Durante o primeiro mandato, Trump chegou a ventilar a possibilidade de uma ordem executiva em diversas declarações à imprensa — mas saiu da Casa Branca, em 2020, sem concretizá-la.

Agora, essa foi uma das primeiras medidas tomadas pelo novo governo, em meio a uma retórica de Trump que vem desde a campanha sobre coibir a imigração em direção aos EUA.

“Dessa vez, ele é presidente novamente e você sabe muito bem que ele fala uma coisa ou outra, mas, na verdade, vejo isso como coisa estratégica”, opina o médico e empresário Wladimir Lorentz, da Ser Mamãe em Miami.

Além da empresa de Lorentz, há outras que lucram com o “turismo de nascimento”. Algumas estão ligadas a lojas de produtos de bebês populares entre brasileiras na Flórida. Também há serviços de “assessoria”, em que é oferecida apenas orientação a interessadas.

No caso da Ser Mamãe em Miami, os pacotes variam de US$ 16,4 mil (R$ 98 mil) para partos normais, a US$ 23,3 mil (R$ 140 mil), para parto de gêmeos. O serviço inclui o atendimento médico, internação e anestesia.

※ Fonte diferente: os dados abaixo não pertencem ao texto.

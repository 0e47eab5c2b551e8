-- ===== src/Stream/Terminal/Replay.antt =====
-- The pending events of a session: their bound, and what the first subscriber gets.
use wireops.Prelude.{
  ℕ, suc, ◌+◌, ◌≤◌, ◌<◌, ◌≡◌, refl, ap, sym, ◌∙◌, false, some, List, [], ◌∷◌, ◌++◌, length,
  length-append, leb_iff, leb-false, order-cases, ◌⊎◌, inl, inr, Bool-cases, leb, if◌then◌else◌,
  arith,
}
use mathlib.Core.List.{append_assoc, append-nil}
use wireops.Stream.{Channel, send_events}
use wireops.Stream.Delivery.{try_send-room}
use wireops.Stream.Terminal.{Event, keep_last}

module _ {ℓ} {E : Type ℓ} where
  -- A backlog that fits is replayed whole, in order.
  pub send_events-room :
      (evs : List E) (c : Channel E)
      → c.closed ≡ false
      → length c.queue + length evs ≤ c.capacity
      → send_events evs c ≡ some (record c { queue = c.queue ++ evs })
  unfolding send_events
  send_events-room [] c o r = ap (λ q. some (record c { queue = q })) (sym (append-nil c.queue))
  send_events-room (ev ∷ evs) c o r = rw (try_send-room ev c o (omega (arith, r))) (
      send_events-room evs (record c { queue = c.queue ++ (ev ∷ []) }) o
        (omega (arith, r, length-append c.queue (ev ∷ [])))
      ∙ ap (λ q. some (record c { queue = q })) (append_assoc c.queue (ev ∷ []) evs))

module _ (limit : ℕ) where
  pub keep_last-bounded :
      1 ≤ limit
      → (buf : List Event) (ev : Event) → length buf ≤ limit
      → length (keep_last limit buf ev) ≤ limit
  unfolding keep_last
  keep_last-bounded some_room [] ev h = some_room
  keep_last-bounded some_room (x ∷ buf) ev h = ground (arith, h, length-append buf (ev ∷ []))

  -- The last events: from the front, events are given up until no more than the limit are left.
  abbrev pub recent : List Event → List Event
  recent [] = []
  recent (x ∷ l) = let rest = recent l in if leb (length (x ∷ l)) limit then x ∷ l else rest

  recent-short : (l : List Event) → length l ≤ limit → recent l ≡ l
  recent-short [] h = refl
  recent-short (x ∷ l) h = ground (arith, h)

  recent-long : (x : Event) (l : List Event) → limit < length (x ∷ l) → recent (x ∷ l) ≡ recent l
  recent-long x l h = ground (arith, h)

  keep_last-room :
      (buf : List Event) (ev : Event)
      → length buf < limit
      → keep_last limit buf ev ≡ buf ++ (ev ∷ [])
  unfolding keep_last
  keep_last-room [] ev h = refl
  keep_last-room (x ∷ buf) ev h = ground (arith, h)

  keep_last-full :
      (x : Event) (buf : List Event) (ev : Event)
      → limit ≤ length (x ∷ buf)
      → keep_last limit (x ∷ buf) ev ≡ buf ++ (ev ∷ [])
  unfolding keep_last
  keep_last-full x buf ev h = ground (arith, h)

  length-snoc : (l : List Event) (ev : Event) → length (l ++ (ev ∷ [])) ≡ suc (length l)
  length-snoc l ev = omega (arith, length-append l (ev ∷ []))

  pub keep_last-recent :
      1 ≤ limit
      → (l : List Event) (ev : Event) → keep_last limit (recent l) ev ≡ recent (l ++ (ev ∷ []))
  keep_last-recent some_room [] ev =
      keep_last-room [] ev some_room ∙ sym (recent-short (ev ∷ []) some_room)
  keep_last-recent some_room (x ∷ l) ev = elim (order-cases (length (x ∷ l)) limit) [
    | inl less ↦
        ap (λ b. keep_last limit b ev) (recent-short (x ∷ l) (omega (arith, less)))
        ∙ keep_last-room (x ∷ l) ev less
        ∙ sym (recent-short (x ∷ l ++ (ev ∷ [])) (omega (arith, less, length-snoc l ev)))
    | inr (inl same) ↦
        ap (λ b. keep_last limit b ev) (recent-short (x ∷ l) (omega (arith, same)))
        ∙ keep_last-full x l ev (omega (arith, same))
        ∙ sym (recent-short (l ++ (ev ∷ [])) (omega (arith, same, length-snoc l ev)))
        ∙ sym (recent-long x (l ++ (ev ∷ [])) (omega (arith, same, length-snoc l ev)))
    | inr (inr more) ↦
        ap (λ b. keep_last limit b ev) (recent-long x l more)
        ∙ keep_last-recent some_room l ev
        ∙ sym (recent-long x (l ++ (ev ∷ [])) (omega (arith, more, length-snoc l ev)))
  ]

  -- What a list of events consists of: those given up, and those kept, which reach the limit if any
  -- was given up.
  abbrev pub IsReplayOf : List Event → List Event → Type 0
  IsReplayOf queue evs =
      (missed : List Event) × (evs ≡ missed ++ queue)
      × (length queue ≤ limit)
      × ((missed ≡ []) ⊎ (length queue ≡ limit))

  pub recent-IsReplayOf : (evs : List Event) → IsReplayOf (recent evs) evs
  recent-IsReplayOf [] = ([], refl, omega arith, inl refl)
  recent-IsReplayOf (x ∷ evs) =
      let (missed, e, short, full) = recent-IsReplayOf evs in
      elim (Bool-cases (leb (length (x ∷ evs)) limit)) [
        | inl t ↦ rw t ([], refl, (leb_iff _ _).0 t, inl refl)
        | inr f ↦ rw f (
          x ∷ missed,
          ap (λ l. x ∷ l) e,
          short,
          inr (elim full [
            | inl m ↦ omega (
              arith,
              leb-false f,
              short,
              ap length m,
              ap length e,
              length-append missed (recent evs),
            )
            | inr g ↦ g
          ]),
        )
      ]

Caso a ordem de Trump se concretize em fevereiro, Lorentz diz que, apesar de um dos principais braços de seu negócio ruir, ele seguirá a vida nos Estados Unidos, atendendo os milhares de brasileiros que moram na Flórida, com clínicas em Orlando e Boca Raton.

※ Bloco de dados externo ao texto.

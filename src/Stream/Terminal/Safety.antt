-- ===== src/Stream/Terminal/Safety.antt =====
-- The terminal broker over whole histories: no call panics, and a late subscriber gets the backlog.
use mathlib.Core.Path.{subst}
use wireops.Prelude.{
  ℕ, ◌+◌, ◌≤◌, ◌≡◌, refl, false, Option, some, List, [], ◌∷◌, length, arith, inl, inr,
}
use wireops.Go.Text.{Text, Text-cases}
use wireops.Go.Value.{lookup}
use wireops.Go.Assoc.{put, remove}
use wireops.Stream.{Channel, get_list, make_channel, add_subscriber, receive}
use wireops.Stream.Delivery.{
  get_list-put, get_list-put_other, get_list-remove, get_list-remove_other,
}
use wireops.Stream.Sound.{IsSound, send-safe}
use wireops.Stream.Subscribers.{add_subscriber-IsSound, unsubscribe-safe, receive-IsSound}
use wireops.Stream.Terminal.{
  Event, Broker, Call, subscribing, unsubscribing, output, closing, reading, max_pending_events,
  new, keep_last, subscribe, unsub, publish, publish_output, publish_closed, perform, perform_all,
}
use wireops.Stream.Terminal.Replay.{send_events-room, keep_last-bounded}

-- The invariant of the broker: its subscribers are sound, and no backlog passes 256 events.
pub record IsValid (b : Broker) : Type 0 where
  pub sound : IsSound b.hub
  pub bounded : (s : Text) → length (get_list b.pending s) ≤ max_pending_events

-- A call that returns, with a state in which the invariant holds.
abbrev pub Returns : Option Broker → Type 0
Returns r = (d : Broker) × (r ≡ some d) × IsValid d

pub new-IsValid : IsValid new
unfolding get_list lookup
new-IsValid = record {
  sound = record {
    old = λ k i j. elim j [ ];
    opened = λ k i j. elim j [ ];
    once = λ k. tt;
    one_key = λ j k i a. elim a [ ];
  };
  bounded = λ s. omega arith;
}

pub at_put :
    (m : List (Text × List Event)) (k : Text) (v : List Event)
    → ((s : Text) → length (get_list m s) ≤ max_pending_events)
    → length v ≤ max_pending_events
    → (s : Text) → length (get_list (put m k v) s) ≤ max_pending_events
at_put m k v h hv s = elim (Text-cases k s) [
  | inl e ↦
      subst (λ t. length (get_list (put m k v) t) ≤ max_pending_events) e
        (rw (get_list-put m k v) hv)
  | inr n ↦ rw (get_list-put_other m v n) (h s)
]

at_remove :
    (m : List (Text × List Event)) (k : Text)
    → ((s : Text) → length (get_list m s) ≤ max_pending_events)
    → (s : Text) → length (get_list (remove m k) s) ≤ max_pending_events
at_remove m k h s = elim (Text-cases k s) [
  | inl e ↦
      subst (λ t. length (get_list (remove m k) t) ≤ max_pending_events) e
        (rw (get_list-remove m k) (omega arith))
  | inr n ↦ rw (get_list-remove_other m n) (h s)
]

module _ (b : Broker) (v : IsValid b) where
  -- The channel that a new subscriber of the session gets: it holds the backlog.
  abbrev pub loaded : Text → Channel Event
  loaded session = record {
    capacity = max_pending_events;
    queue = get_list b.pending session;
    closed = false;
  }

  abbrev pub subscribed : Text → Broker
  subscribed session = record b {
    hub = (add_subscriber session (loaded session) b.hub).0;
    pending = remove b.pending session;
  }

  pub subscribe-loads :
      (session : Text) → subscribe session b ≡ some (subscribed session, b.hub.fresh)
  unfolding subscribe add_subscriber
  subscribe-loads session =
      let fits : length {A = Event} [] + length (get_list b.pending session) ≤ max_pending_events =
        omega (arith, v.bounded session) in
      rw (send_events-room (get_list b.pending session) (make_channel max_pending_events) refl fits)
        refl

  pub subscribe-safe : (session : Text) → IsValid (subscribed session)
  subscribe-safe session = record {
    sound = add_subscriber-IsSound b.hub v.sound session (loaded session) refl;
    bounded = at_remove b.pending session v.bounded;
  }

  unsub-safe : (session : Text) (id : ℕ) → Returns (unsub session id b)
  unfolding unsub
  unsub-safe session id =
      let (hub, e, s) = unsubscribe-safe b.hub v.sound session id in
      (record b { hub = hub }, rw e refl, record { sound = s; bounded = v.bounded })

  pub publish-idle :
      (session : Text) (ev : Event)
      → get_list b.hub.subs session ≡ []
      → publish session ev b
        ≡ some (record b {
          pending =
              put b.pending session (keep_last max_pending_events (get_list b.pending session) ev);
        })
  unfolding publish
  publish-idle session ev e = rw (e, publish) refl

  publish-safe : (session : Text) (ev : Event) → Returns (publish session ev b)
  unfolding publish
  publish-safe session ev = by_subs (get_list b.hub.subs session) refl
    where
      by_subs : (is : List ℕ) → get_list b.hub.subs session ≡ is → Returns (publish session ev b)
      by_subs [] e = (
        _,
        publish-idle session ev e,
        record {
          sound = v.sound;
          bounded =
              at_put b.pending session _ v.bounded
                (keep_last-bounded max_pending_events (omega arith) _ ev (v.bounded session));
        },
      )
      by_subs (i ∷ is) e =
          let (hub, q, s) = send-safe b.hub v.sound session ev in
          (
            record b { hub = hub },
            rw (e, publish) (rw q refl),
            record { sound = s; bounded = v.bounded },
          )

  pub perform-safe : (c : Call) → Returns (perform c b)
  unfolding perform publish_output publish_closed
  perform-safe (subscribing session) =
      (subscribed session, rw (subscribe-loads session) refl, subscribe-safe session)
  perform-safe (unsubscribing session id) = unsub-safe session id
  perform-safe (output session chunk) = publish-safe session _
  perform-safe (closing session code message) = publish-safe session _
  perform-safe (reading id) = (
    record b { hub = receive id b.hub },
    refl,
    record { sound = receive-IsSound b.hub v.sound id; bounded = v.bounded },
  )

-- From a state in which the invariant holds every sequence of subscribing, unsubscribing,
-- publishing, closing and reading runs through: nothing sends on a closed channel or closes one
-- twice, and at the end every channel that the broker holds is open and held once, and no backlog
-- passes 256 events.
pub perform_all-safe : (cs : List Call) (b : Broker) → IsValid b → Returns (perform_all cs b)
unfolding perform_all
perform_all-safe [] b v = (b, refl, v)
perform_all-safe (c ∷ cs) b v = let (d, e, w) = perform-safe b v c in rw e (perform_all-safe cs d w)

Além disso, diz, há clientes que o procuram por outro motivo — fugindo da época de alta de casos de dengue no Brasil para a dar à luz nos EUA, por exemplo.

Na estimativa mais recente do Ministério das Relações Exteriores, pouco mais de 2 milhões de brasileiros vivem nos EUA. Desses, cerca de 600 mil são estimados na Flórida, Estado governado pelo republicano Ron DeSantis.

Não há estimativas de quantos bebês filhos de brasileiros nascem por ano nos EUA.